Michael Heinrich

Integration of piezoelectric polymer transducers into microsystems for sensing applications

A polymer-based sensor for low frequency acceleration detection is fabricated by using microinjection molding technologies. Finite Element simulations and characterization of the sensing functionality are done. Due to an out-of-plane acceleration a force is applied to a seismic mass (length and width each 3.2 mm, thickness 1 mm), which leads to a deformation of a connected plate with dimensions of 1 mm × 1 mm × 50 μm. Thus, charge separation at the electrodes of integrated piezoelectric polyvinylidene fluoride (PVDF) copolymer sheets occur and can be measured as sensor signal. A charge sensitivity of 0.57 pC/g is determined which is in good agreement with the simulation results. A resonance frequency of 660 Hz was measured. Furthermore, the sensor concept as well as preparation technologies to assemble a compound structure containing piezoelectric layers and the system integration by micro injection molding are discussed. In addition, different bonding techniques for the assembly of the functional components are investigated and described.

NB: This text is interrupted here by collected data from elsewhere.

-- ===== src/Net/Address.antt =====
-- kernel/src/net.c: addresses in dotted notation, `ip_to_str` and `str_to_ip`. A string is its characters
-- without the NUL, an address its four bytes in the order of memory.
use choco_os.Base.{
  ℕ, ◌+◌, ◌-◌, ◌*◌, ◌≤◌, ◌<◌, ◌≡◌, refl, Bool, true, false, ◌&&◌, not, ltb, leb, ◌==◌,
  if◌then◌else◌, Option, none, some, List, [], ◌∷◌, ◌++◌, length, arith, ap,
}
use choco_os.CString.Number.{value, AllBelow, decimal}
use choco_os.Kprintf.{number_text}
use choco_os.Kprintf.Number.{decimal_text}

abbrev pub is_digit : ℕ → Bool
is_digit c = leb 48 c && leb c 57

-- The digits of one part, which is at most 255, and what is left behind them.
unfoldable pub read_part : List ℕ → (v : ℕ) → Option (ℕ × List ℕ)
read_part [] v = some (v, [])
read_part (c ∷ cs) v =
    let w = v * 10 + (c - 48) in
    let rest = read_part cs w in
    if not (is_digit c) then some (v, c ∷ cs) else if ltb 255 w then none else rest

-- A part has a digit.
abbrev pub part : List ℕ → Option (ℕ × List ℕ)
part [] = none
part (c ∷ cs) = if is_digit c then read_part (c ∷ cs) 0 else none

-- The part, with a dot behind it, or with the end of the string behind it.
abbrev pub after_dot : Option (ℕ × List ℕ) → Option (ℕ × List ℕ)
after_dot none = none
after_dot (some (v, [])) = none
after_dot (some (v, c ∷ cs)) = if c == 46 then some (v, cs) else none

abbrev pub at_end : Option (ℕ × List ℕ) → Option (List ℕ)
at_end none = none
at_end (some (v, [])) = some (v ∷ [])
at_end (some (v, c ∷ cs)) = none

abbrev pub and_then : Option (ℕ × List ℕ) → (List ℕ → Option (List ℕ)) → Option (List ℕ)
and_then none f = none
and_then (some (v, cs)) f = elim (f cs) [ none ↦ none | some vs ↦ some (v ∷ vs) ]

unfoldable pub str_to_ip : List ℕ → Option (List ℕ)
unfolding read_part
str_to_ip s = and_then (after_dot (part s)) (λ s1.
    and_then (after_dot (part s1)) (λ s2. and_then (after_dot (part s2)) (λ s3. at_end (part s3))))

-- `snprintf` with the format "%d.%d.%d.%d".
abbrev pub ip_to_str : (a b c d : ℕ) → List ℕ
ip_to_str a b c d =
    number_text a 10 false false
    ++ 46
      ∷ (number_text b 10 false false
          ++ 46 ∷ (number_text c 10 false false ++ 46 ∷ number_text d 10 false false))

value-ge : (ds : List ℕ) (acc : ℕ) → acc ≤ value 10 ds acc
value-ge [] acc = omega arith
value-ge (d ∷ ds) acc = omega (arith, value-ge ds (acc * 10 + d))

-- Digits that write at most 255 are read, up to a character that is none.
read_part-decimal :
    (ds : List ℕ) (acc : ℕ) (rest : List ℕ)
    → AllBelow 10 ds
    → value 10 ds acc ≤ 255
    → read_part rest (value 10 ds acc) ≡ some (value 10 ds acc, rest)
    → read_part (decimal ds ++ rest) acc ≡ some (value 10 ds acc, rest)
unfolding read_part
read_part-decimal [] acc rest b h stop = stop
read_part-decimal (d ∷ ds) acc rest b h stop =
    let low = b.0 in
    let dig : is_digit (48 + d) ≡ true = ground arith in
    let back : 48 + d - 48 ≡ d = omega arith in
    let ge = value-ge ds (acc * 10 + d) in
    let fits : ltb 255 (acc * 10 + d) ≡ false = ground arith in
    rw (dig, back, fits) (read_part-decimal ds (acc * 10 + d) rest b.1 h stop)

part-decimal :
    (ds rest : List ℕ) (v : ℕ)
    → AllBelow 10 ds
    → 0 < length ds
    → value 10 ds 0 ≡ v
    → v < 256
    → read_part rest v ≡ some (v, rest)
    → part (decimal ds ++ rest) ≡ some (v, rest)
part-decimal [] rest v b pos e h stop = absurd (omega arith)
part-decimal (d ∷ ds) rest v b pos e h stop =
    let low = b.0 in
    let dig : is_digit (48 + d) ≡ true = ground arith in
    rw dig (rw e at (read_part-decimal (d ∷ ds) 0 rest b (omega arith) (rw e stop)))

part-text :
    (v : ℕ) (rest : List ℕ)
    → v < 256
    → read_part rest v ≡ some (v, rest)
    → part (number_text v 10 false false ++ rest) ≡ some (v, rest)
part-text v rest h stop =
    let (ds, text, below, pos, e) = decimal_text v (omega arith) in
    rw text (part-decimal ds rest v below pos e h stop)

part-text_dot :
    (v : ℕ) (rest : List ℕ)
    → v < 256
    → after_dot (part (number_text v 10 false false ++ 46 ∷ rest)) ≡ some (v, rest)
unfolding read_part
part-text_dot v rest h = ap after_dot (part-text v (46 ∷ rest) h refl)

append_nil : (xs : List ℕ) → xs ++ [] ≡ xs
append_nil [] = refl
append_nil (x ∷ xs) = ap (λ t. x ∷ t) (append_nil xs)

part-text_end : (v : ℕ) → v < 256 → at_end (part (number_text v 10 false false)) ≡ some (v ∷ [])
unfolding read_part
part-text_end v h =
    rw (append_nil (number_text v 10 false false)) at (ap at_end (part-text v [] h refl))

and_then-some :
    (o : Option (ℕ × List ℕ)) (f : List ℕ → Option (List ℕ)) (v : ℕ) (s vs : List ℕ)
    → o ≡ some (v, s)
    → f s ≡ some vs
    → and_then o f ≡ some (v ∷ vs)
and_then-some o f v s vs e k = rw (e, and_then) (rw k refl)

-- `str_to_ip` reads back the address that `ip_to_str` prints.
pub str_to_ip-ip_to_str :
    (a b c d : ℕ)
    → a < 256
    → b < 256
    → c < 256
    → d < 256
    → str_to_ip (ip_to_str a b c d) ≡ some (a ∷ b ∷ c ∷ d ∷ [])
unfolding str_to_ip
str_to_ip-ip_to_str a b c d ha hb hc hd =
    let last = number_text d 10 false false in
    let third = number_text c 10 false false ++ 46 ∷ last in
    let second = number_text b 10 false false ++ 46 ∷ third in
    and_then-some (after_dot (part (ip_to_str a b c d))) _ a second (b ∷ c ∷ d ∷ [])
      (part-text_dot a second ha)
      (and_then-some (after_dot (part second)) _ b third (c ∷ d ∷ []) (part-text_dot b third hb) (
        and_then-some (after_dot (part third)) _ c last (d ∷ []) (part-text_dot c last hc)
          (part-text_end d hd)))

Microinjection molding of polypropylene (PP) filled with MWCNT: Influence of processing parameters on the mechanical properties

Polypropylene composites with different contents of multiwalled carbon nanotubes (MWCNT) were microinjection molded to investigate the influence of melt temperature and injection velocity on the final mechanical properties. Therefore, samples of various MWCNT loadings from 1 wt% to 5 wt% were prepared by diluting commercial masterbatches. Microinjection molding was used to prepare micro tensile bars under different processing conditions. The nano composites expose mechanical properties significantly influenced by nanotube loading, injection velocity and melt temperature.

Initial Stress Behaviour of Micro Injection-Moulded Devices with Integrated Piezo-Fibre Composites

Based on an increasing demand for function integration in small components, micro injection moulding offers a highly productive solution to combine plastic structures with additional electronic and mechatronic features. Particularly two-component micro injection moulding allows embedding of active elements as well as the application of electric contacts in one process step by using insolating and conductive compounds, respectively. The study outlines major effects on the thermo-mechanical compatibility of active modules comprising several stacked piezo fibre composite beams. With regard to material properties, geometry of the module, machine set up and processing parameters a structural and strength analysis including process induced residual stress is used to predict favourable material combination and composite design.

Fiber-reinforced composite structures with embedded piezoelectric sensors

Embedding of piezoelectric materials into fiber-reinforced composites is constituted as promising technology to develop ultra-sensitive structural health monitoring functionalities, e. g. strain measurement or acoustic emission testing. Here, we present latest results of embedding piezoelectric polymer foils into fiber-reinforced composite structures. The applied processing technique allows the implementation of several piezoelectric transducers at different positions within the fiber-reinforced composite. For studying the functionality non-destructive impact testing and three-point bending experiments were carried out to characterize the composite. Exemplarily, the functionality of the embedded sensors is demonstrated by means of triggering an embedded light emitting diode which is switched on after the piezoelectric transducer sensed mechanical strain.